2018-01-14 14:07:37,239+02 INFO  [org.ovirt.engine.core.bll.storage.disk.image.RemoveImageCommand] (EE-ManagedThreadFactory-engineScheduled-Thread-14) [35610449] Running command: RemoveImageCommand internal: true. Entities affected :  ID: ab4e8afa-669d-4d6d-9fc5-65da708a96ce Type: Storage
2018-01-14 14:07:37,360+02 INFO  [org.ovirt.engine.core.vdsbroker.irsbroker.DeleteImageGroupVDSCommand] (EE-ManagedThreadFactory-engineScheduled-Thread-14) [35610449] START, DeleteImageGroupVDSCommand( DeleteImageGroupVDSCommandParameters:{storagePoolId='cd0dcf40-4bda-4c0a-9c54-4508fe8d1e49', ignoreFailoverLimit='false', storageDomainId='ab4e8afa-669d-4d6d-9fc5-65da708a96ce', imageGroupId='e0528294-511e-4aaa-a615-0bce3b699871', postZeros='true', discard='true', forceDelete='false'}), log id: 5b09e964

Comment 1 Elad 2018-01-14 14:44:20 UTC

Steps to Reproduce:
1. Create a VM with an attached 60G disk, resides on block domain with wipe after delete as true
2. start the VM and move the disk to a different domain

Comment 2 Yaniv Kaul 2018-01-15 07:06:00 UTC

I assume it's a regression?

Comment 3 Elad 2018-01-15 07:55:54 UTC

It's a bit hard to say. Since we've not seen it in previous versions (checked in latest 4.1 automation execution we've done), then, theoretically, yes. But, this test execution was modified (to pytest parameterize) which might be the reason for the bug to be exposed only now.

Comment 4 Idan Shaby 2018-03-13 13:59:33 UTC

To reproduce, you should have a situation where the source image removal takes a lot of time (you can use WAD), enough time so that the LiveMigrateDiskCommand makes it and finishes before the RemoveImage of the source image ends.
Also, you should make sure that the endAction of the RemoveImage command (from the engine log: "Attempting to endAction 'RemoveImage'") occurs only after the job is removed from the DB (unless you will not have the exception even without the fix).

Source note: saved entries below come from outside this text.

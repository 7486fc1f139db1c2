-- ===== src/Hashtable/Tests.antt =====
-- The theorems about hash tables at a concrete table.
use borfos.Common.{◌≡◌, refl, arith, [], ◌∷◌, ◌==◌}
use borfos.Links.{Links, found}
use borfos.Links.Ring.{Ring}
use borfos.Links.Find.{first_match}
use borfos.Hashtable.{hashtable_init, hashtable_get_bucket, hashtable_add_by_key, hashtable_find}
use borfos.Hashtable.Buckets.{hashtable_init-empty, hashtable_add_by_key-find}
use borfos.Example.{rings}

abbrev table : Links
table = hashtable_init 1000 (rings [])

hashtable_add_by_key-find_example :
    Ring (hashtable_add_by_key 1000 5000 7 table) (hashtable_get_bucket 1000 7) (5000 ∷ [])
    × Ring (hashtable_add_by_key 1000 5000 7 table) (hashtable_get_bucket 1000 8) []
    × (hashtable_find 1000 7 (λ a. a == 5000) 2 (hashtable_add_by_key 1000 5000 7 table)
        ≡ found 5000)
unfolding first_match hashtable_get_bucket
hashtable_add_by_key-find_example =
    hashtable_add_by_key-find 1000 5000 7 8 (λ a. a == 5000) 2 [] [] table
      (hashtable_init-empty 1000 7 (rings []) (omega arith))
      (hashtable_init-empty 1000 8 (rings []) (omega arith)) refl refl refl (omega arith)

It's pretty hard to make it happen, I used the debugger and changed vdsm code that wipes volumes to sleep for a few minutes only when it wipes the source image. Also, in order to make sure that the job is cleaned quickly after LiveMigrateDiskCommand ends, I changed the config values "JobCleanupRateInMinutes" and "SucceededJobCleanupTimeInMinutes" to 1 (I guess that I could change only one of them, didn't check).

Comment 5 Yosi Ben Shimon 2018-03-26 10:47:43 UTC

Tested multiple times using:
ovirt-engine-4.2.2.5-0.1.el7.noarch

No exception found.

Moving to VERIFIED.

Comment 6 Sandro Bonazzola 2018-03-29 11:08:05 UTC

This bugzilla is included in oVirt 4.2.2 release, published on March 28th 2018.

Since the problem described in this bug report should be
resolved in oVirt 4.2.2 release, it has been closed with a resolution of CURRENT RELEASE.

If the solution does not work for you, please open a new bug report.